So, the Biden Bill signed about a week ago had some very unexpected 2020 ramifications for Californians. California is a community property state 1/2 of all income and deductions is hers and 1/2 is his.
The bill makes the 1st $10,200 of unemployment for each person non-taxable. However, there is a limit on income to get this. If your adjusted gross income is over $150k (which includes the unemployment) you don't get to take advantage of this sheltering of $10,200 from income.
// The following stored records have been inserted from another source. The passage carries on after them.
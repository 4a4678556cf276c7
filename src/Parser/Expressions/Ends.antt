-- ===== src/Parser/Expressions/Ends.antt =====
-- parser/parser.cpp: the descent ends, for every text of tokens.
use sql_query_optimizer.Prelude.{ℕ, zero, suc, ◌<◌, String, Bool, Option, [], ◌∷◌, length, arith}
use sql_query_optimizer.Ast.{BinaryOperator, Expression, binary_op}
use sql_query_optimizer.Parser.{Token}
use sql_query_optimizer.Parser.Outcome.{
  Tokens, parsed, syntax_error, Parser, ◌>>=◌, peek, advance, expect, Leaves, Leaves-bind,
  Leaves-more, Leaves-if, Leaves-elim,
}
use sql_query_optimizer.Parser.Expressions.{
  is_rparen, is_comma, or_op, and_op, comparison_op, additive_op, multiplicative_op, binary_loop,
  parse_unary, parse_multiplicative, parse_additive, parse_comparison, parse_not, parse_and,
  parse_or, parse_args, parse_call, parse_qualified, parse_name, parse_parenthesis, parse_primary,
  parse_expr,
}

-- On fewer than `f` tokens, `p` ends and takes at least one of them.
abbrev pub Ends {ℓ} : {A : Type ℓ} → ℕ → Parser A → Type 0
Ends f p = (ts : Tokens) → length ts < f → Leaves (length ts) (p ts)

pub length-advance : (ts : Tokens) → length (advance ts) < suc (length ts)
length-advance [] = omega arith
length-advance (t ∷ ts) = omega arith

pub binary_loop-Ends :
    (op : Token → Option BinaryOperator) (next : Parser Expression) (f : ℕ)
    → Ends f next
    → (n k : ℕ) (e : Expression) (ts : Tokens) → length ts < k
    → length ts < n
    → length ts < f
    → Leaves n (binary_loop op next k e ts)
unfolding binary_loop
binary_loop-Ends op next f h n zero e ts p q r = absurd omega arith
binary_loop-Ends op next f h n (suc k) e ts p q r =
    let s = length-advance ts in
    Leaves-elim n (op (peek ts)) (parsed e ts) _ q (λ o.
      Leaves-bind (length (advance ts)) n (next (advance ts)) _ (h (advance ts) omega arith)
        (λ a ts' d.
          binary_loop-Ends op next f h n k (binary_op e o a) ts' omega arith omega arith omega
            arith))

-- A level whose operands end ends.
loop-Ends :
    (op : Token → Option BinaryOperator) (next : Parser Expression) (f : ℕ)
    → Ends f next
    → Ends f (λ ts. next ts >>= λ r. binary_loop op next f r.0 r.1)
loop-Ends op next f h ts l =
    Leaves-bind (length ts) (length ts) (next ts) _ (h ts l)
      (λ a rest d. binary_loop-Ends op next f h (length ts) f a rest omega arith d omega arith)

module _ (p : Parser Expression) (f : ℕ) (h : Ends f p) where
  pub parse_unary-Ends : Ends f (parse_unary p f)
  unfolding parse_unary
  parse_unary-Ends (Token.minus ∷ ts) l =
      Leaves-bind (length ts) (suc (length ts)) (parse_unary p f ts) _
        (parse_unary-Ends ts omega arith) (λ a rest d. omega arith)
  parse_unary-Ends ts l = h ts l

  pub parse_additive-Ends : Ends f (parse_additive p f)
  unfolding parse_additive parse_multiplicative
  parse_additive-Ends =
      loop-Ends additive_op (parse_multiplicative p f) f
        (loop-Ends multiplicative_op (parse_unary p f) f parse_unary-Ends)

  pub parse_comparison-Ends : Ends f (parse_comparison p f)
  unfolding parse_comparison
  parse_comparison-Ends ts l =
      Leaves-bind (length ts) (length ts) (parse_additive p f ts) _ (parse_additive-Ends ts l)
        (λ a rest d.
          let s = length-advance rest in
          Leaves-elim (length ts) (comparison_op (peek rest)) (parsed a rest) _ d (λ o.
            Leaves-bind (length (advance rest)) (length ts) (parse_additive p f (advance rest)) _
              (parse_additive-Ends (advance rest) omega arith) (λ b rest' e. omega arith)))

  pub parse_not-Ends : Ends f (parse_not p f)
  unfolding parse_not
  parse_not-Ends (Token.not ∷ ts) l =
      Leaves-bind (length ts) (suc (length ts)) (parse_not p f ts) _ (parse_not-Ends ts omega arith)
        (λ a rest d. omega arith)
  parse_not-Ends ts l = parse_comparison-Ends ts l

  pub parse_or-Ends : Ends f (parse_or p f)
  unfolding parse_or parse_and
  parse_or-Ends =
      loop-Ends or_op (parse_and p f) f (loop-Ends and_op (parse_not p f) f parse_not-Ends)

pub expect-Leaves :
    (is_expected : Token → Bool) (ts : Tokens) → Leaves (suc (length ts)) (expect is_expected ts)
expect-Leaves is_expected ts =
    Leaves-if (suc (length ts)) (is_expected (peek ts)) (parsed tt (advance ts)) syntax_error
      (λ e. length-advance ts) tt

pub parse_args-Ends :
    (item : Parser Expression) (f : ℕ)
    → Ends f item
    → (k : ℕ) (ts : Tokens) → length ts < k
    → length ts < f
    → Leaves (length ts) (parse_args item k ts)
unfolding parse_args
parse_args-Ends item f h zero ts p q = absurd omega arith
parse_args-Ends item f h (suc k) ts p q =
    Leaves-bind (length ts) (length ts) (item ts) _ (h ts q) (λ a rest d.
      let s = length-advance rest in
      Leaves-if (length ts) (is_comma (peek rest)) _ _
        (λ e.
          Leaves-bind (length (advance rest)) (length ts) (parse_args item k (advance rest)) _
            (parse_args-Ends item f h k (advance rest) omega arith omega arith)
            (λ b rest' c. omega arith))
        d)

-- The list of arguments may be empty, so its end takes no token of its own.
parse_call-Ends :
    (item : Parser Expression) (f : ℕ)
    → Ends f item
    → (ts : Tokens) → length ts < f
    → Leaves (suc (length ts)) (parse_call item f ts)
unfolding parse_args
parse_call-Ends item f h (Token.rparen ∷ ts) q = omega arith
parse_call-Ends item f h (Token.star ∷ ts) q = omega arith
parse_call-Ends item f h ts q =
    Leaves-more (length ts) (suc (length ts)) (parse_args item f ts) omega arith
      (parse_args-Ends item f h f ts q q)

parse_qualified-Leaves :
    (name : String) (ts : Tokens) → Leaves (suc (length ts)) (parse_qualified name ts)
parse_qualified-Leaves name (Token.identifier c ∷ ts) = omega arith
parse_qualified-Leaves name (Token.star ∷ ts) = omega arith
parse_qualified-Leaves name ts = tt

parse_name-Leaves :
    (item : Parser Expression) (f : ℕ)
    → Ends f item
    → (name : String) (ts : Tokens) → length ts < f
    → Leaves (suc (length ts)) (parse_name item f name ts)
unfolding parse_args
parse_name-Leaves item f h name (Token.lparen ∷ ts) q =
    Leaves-bind (suc (length ts)) (suc (suc (length ts))) (parse_call item f ts) _
      (parse_call-Ends item f h ts omega arith)
      (λ args rest d.
        Leaves-bind (suc (length rest)) (suc (suc (length ts))) (expect is_rparen rest) _
          (expect-Leaves is_rparen rest) (λ u rest' e. omega arith))
parse_name-Leaves item f h name (Token.dot ∷ ts) q =
    Leaves-more (suc (length ts)) (suc (suc (length ts))) (parse_qualified name ts) omega arith
      (parse_qualified-Leaves name ts)
parse_name-Leaves item f h name ts q = omega arith

parse_parenthesis-Leaves :
    (item : Parser Expression) (f : ℕ)
    → Ends f item
    → (ts : Tokens) → length ts < f
    → Leaves (suc (length ts)) (parse_parenthesis item ts)
parse_parenthesis-Leaves item f h ts q =
    Leaves-bind (length ts) (suc (length ts)) (item ts) _ (h ts q) (λ e rest d.
      Leaves-bind (suc (length rest)) (suc (length ts)) (expect is_rparen rest) _
        (expect-Leaves is_rparen rest) (λ u rest' c. omega arith))

parse_primary-Ends : (f : ℕ) → Ends f (parse_primary f)
unfolding parse_primary
parse_primary-Ends zero ts l = absurd omega arith
parse_primary-Ends (suc f) (Token.lparen ∷ ts) l =
    parse_parenthesis-Leaves (parse_or (parse_primary f) f) f
      (parse_or-Ends (parse_primary f) f (parse_primary-Ends f)) ts omega arith
parse_primary-Ends (suc f) (Token.integer n ∷ ts) l = omega arith
parse_primary-Ends (suc f) (Token.floating x ∷ ts) l = omega arith
parse_primary-Ends (suc f) (Token.string_lit s ∷ ts) l = omega arith
parse_primary-Ends (suc f) (Token.true_ ∷ ts) l = omega arith
parse_primary-Ends (suc f) (Token.false_ ∷ ts) l = omega arith
parse_primary-Ends (suc f) (Token.null ∷ ts) l = omega arith
parse_primary-Ends (suc f) (Token.identifier name ∷ ts) l =
    parse_name-Leaves (parse_or (parse_primary f) f) f
      (parse_or-Ends (parse_primary f) f (parse_primary-Ends f)) name ts omega arith
parse_primary-Ends (suc f) ts l = tt

pub parse_expr-Ends : (f : ℕ) → Ends f (parse_expr f)
unfolding parse_expr
parse_expr-Ends f = parse_or-Ends (parse_primary f) f (parse_primary-Ends f)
However, when the law was written, the limit to cut off this benefit was written $150,000 AGI for Married Joint return, for Single return, for Head of Household return, and for Married Filing Separate (MFS) returns. This means if you filed MFS (where the income and deductions are split 50/50 to two separate returns) each of the Married Filing Separate returns would have an income below the $150k amount and the unemployment would be split 50/50. The law did not reduce the $150k cap on non-MFJ returns as I would have expected. We think an oversight but the law is the law.
Example: Your combined income is $155k, one of you had $25,000 of unemployment (which is part of the $155k income) that would not have any of it be considered non-taxable. If Married Filing Separate returns, each of your incomes would be $77,500, well below the $150,000 cut off. In addition, the $25,000 is split 50/50 so each of you has $12,500. Not only do now qualify to consider the 1st $10,200 of unemployment as non taxable income, you each get to consider $10,200 of your part of the unemployment as non-taxable on each of the MFS returns. This means you go from being taxed on the $25,000 of income to only being taxed on $4,600 of income leading to good sized reduction in taxes.
Any holes in this scenario? Thanks in advance!